The FDA reports that opioids are "extensively... abused, leading to overdoses, addictions, and even deaths." One FDA official calls opioid abuse a "societal crisis."

This menace costs the country over $50 billion every year in lost productivity, criminal justice expenses, drug treatment outlays, and medical complications. Opioid abuse has ravaged poor and rural communities, not just in Appalachia, but also across America.

Improving consumer awareness and physician training about the safe use of prescription drugs with a high risk of abuse, as required by the proposed Prescription Drug Abuse Prevention and Treatment Act, is one sure way the Congress can begin to tackle this issue. However, education alone will not do the trick. The Congress needs to insist on the use of abuse-deterrent technologies.

Substance users often pulverize and snort, or melt and inject, prescription opioids. To prevent these uses, drug manufacturers Purdue and Endo now produce, respectively, OxyContin and Opana with tamper-resistant features that prevent crushing and dissolving.

These responsible steps have helped curb abuse rates. According to a recent study published in The Journal of Pain, among patients abusing prescription opioids, the percentage using OxyContin dropped by half after these safety measures were installed -- from 24 percent to 12 percent. And non-oral abuse of OxyContin through snorting, smoking, or injection dropped by 71 percent.
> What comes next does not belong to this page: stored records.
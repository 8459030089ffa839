-- ===== src/Approvals.antt =====
-- src/openmuse/approvals.py: one-time tokens that bind an action, its arguments and an expiry. The
-- clock's reading is an argument, in whole seconds. `verify` runs under the authority's lock where
-- it consumes a token, so calls are a sequence.
pub mod Verify
pub mod Issue
pub mod SingleUse
pub mod Replay
mod Tests
use openmuse.Common.{
  ℕ, Bool, true, false, not, ◌&&◌, ◌||◌, Option, none, some, List, [], ◌∷◌, ◌++◌, ltb,
  if◌then◌else◌, ℤ, pos, ◌+ℤ◌, leb_ℤ, Text, text_eq, mem_text, hex, from_hex, split_once, all,
  Outcome, ok, err, type_error,
}
use openmuse.Common.Json.{Json, Fields, field, end, get, json_eq}
use openmuse.Models.{Action}
use openmuse.Runtime.{Runtime}

pub record ApprovalAuthority : Type 0 where
  pub secret : Text
  pub used : List Text

-- `p.get("exp")`, where a missing key is `None`
abbrev pub or_null : Option Json → Json
or_null none = Json.null
or_null (some v) = v

-- The JSON object that a token carries, and the one that `verify` expects.
abbrev pub payload : Action → Json → Json
payload action exp = Json.obj (
    field "id" (Json.str action.id) (
      field "tool" (Json.str action.tool)
        (field "arguments" (Json.obj action.arguments) (field "exp" exp end))))

-- `hmac.compare_digest` on two texts raises on one that is not ASCII.
abbrev pub is_ascii : Text → Bool
is_ascii = all (λ c. ltb c 128)

unfoldable pub compare_digest : Text → Text → Outcome Bool
compare_digest a b =
    if is_ascii a && is_ascii b
    then ok (text_eq a b)
    else err (type_error "comparing strings with non-ASCII characters is not supported")

module _ (r : Runtime) where
  -- `int(v)`, where it raises neither TypeError nor ValueError
  unfoldable pub to_int : Json → Option ℤ
  to_int (Json.num n) = some n
  to_int (Json.bool true) = some (pos 1)
  to_int (Json.bool false) = some (pos 0)
  to_int (Json.str s) = r.int_text s
  to_int _ = none

  unfoldable pub issue : ApprovalAuthority → Action → ℤ → ℕ → Text
  issue a action ttl_seconds now =
      let raw = r.dumps (payload action (Json.num (pos now +ℤ ttl_seconds))) in
      hex raw ++ 46 ∷ r.hmac a.secret raw

  -- `raw_hex, sig = token.split(".", 1)`, `bytes.fromhex` and `json.loads`
  unfoldable pub decode : Text → Option (Text × Text × Json)
  decode token = elim (split_once 46 token) [
    | none ↦ none
    | some (raw_hex, sig) ↦ elim (from_hex raw_hex) [
      | none ↦ none
      | some raw ↦ elim (r.loads raw) [ none ↦ none | some p ↦ some (raw, sig, p) ]
    ]
  ]

  -- `int(p["exp"]) <= int(time.time())`, or `none` where that raises
  unfoldable pub is_expired : Fields → ℕ → Option Bool
  is_expired p now = elim (get "exp" p) [
    | none ↦ none
    | some exp ↦ elim (to_int exp) [ none ↦ none | some e ↦ some (leb_ℤ e (pos now)) ]
  ]

  -- The payload's checks before the signature: `none` where one of them returns `False`.
  unfoldable pub check_payload : Action → ℕ → Text × Text × Json → Option (Text × Text)
  check_payload action now (raw, sig, Json.obj fields) = elim (is_expired fields now) [
    | none ↦ none
    | some expired ↦
        if expired || not (json_eq (Json.obj fields) (payload action (or_null (get "exp" fields))))
        then none
        else some (raw, sig)
  ]
  check_payload action now (raw, sig, _) = none

  unfoldable pub checked : Action → Text → ℕ → Option (Text × Text)
  checked action token now = elim (decode token) [
    | none ↦ none
    | some parts ↦ check_payload action now parts
  ]

  -- `with self._lock`: a used token is refused, a fresh one is marked.
  unfoldable pub consume : ApprovalAuthority → Text → Bool × ApprovalAuthority
  consume a token =
      if mem_text token a.used then (false, a) else (true, record a { used = token ∷ a.used })

  unfoldable pub settle : ApprovalAuthority → Text → Outcome Bool → Outcome Bool × ApprovalAuthority
  unfolding consume
  settle a token (ok true) = (ok (consume a token).0, (consume a token).1)
  settle a token (ok false) = (ok false, a)
  settle a token (err e) = (err e, a)

  unfoldable pub verify_token :
      ApprovalAuthority → Action → Text → ℕ → Outcome Bool × ApprovalAuthority
  verify_token a action token now = elim (checked action token now) [
    | none ↦ (ok false, a)
    | some (raw, sig) ↦ settle a token (compare_digest sig (r.hmac a.secret raw))
  ]

  unfoldable pub verify :
      ApprovalAuthority → Action → Option Text → ℕ → Outcome Bool × ApprovalAuthority
  verify a action none now = (ok false, a)
  verify a action (some []) now = (ok false, a)
  verify a action (some (c ∷ t)) now = verify_token a action (c ∷ t) now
However, the patents on Endo's Opana have just expired. And those for Purdue's OxyContin will expire next month. As these drugs go off-patent, less expensive, generic versions will become available. Unfortunately, generic manufacturers have not implemented similar anti-abuse precautions.

The FDA has already approved the generic version of the older, more easily abused Opana formula. And, without Congressional action, the abuse-friendly variety of OxyContin could reach a pharmacy near you as soon as April 16.

In essence, the STOPP Act would prohibit any old-formula opioid from entering the market if the FDA has approved a newer, abuse-deterrent version of the therapy.

STOPP should become law as soon as possible. Waiting until after these less safe generic versions hit the market would needlessly put Americans at risk.

What's more, given the clear and present public health danger posed by crushable opioids, Health and Human Services Secretary Kathleen Sebelius should direct the FDA to prohibit the marketing of pills without anti-abuse upgrades.

Generic drug companies help make medicines more affordable. But these firms do have a responsibility to keep patients safe. To supplement any federal legislative action, generic makers should create their own abuse deterrents or license tamper-resistant delivery mechanisms from other drug makers.

Purdue Pharma and Endo have shown that it is possible to make pills safer without significantly increasing their price.

Relative to the financial woes currently consuming Washington, prescription drug abuse should draw together the Congress' best efforts in saving our communities from a truly devastating health epidemic. These bills would help prevent abuse and cut down on overdose deaths in this country. Congress needs to make them laws -- quickly.

U.S. Rep. Nick J. Rahall II (D-W.Va.) is the co-chairman of the Congressional Caucus on Prescription Drug Abuse, and a cosponsor of the STOPP Act, along with Rep. William Keating (D-MA), as well as an author of the Prescription Drug Abuse Prevention and Treatment Act. Michael C. Barnes is the executive director of the non-profit Center for Lawful Access and Abuse Deterrence.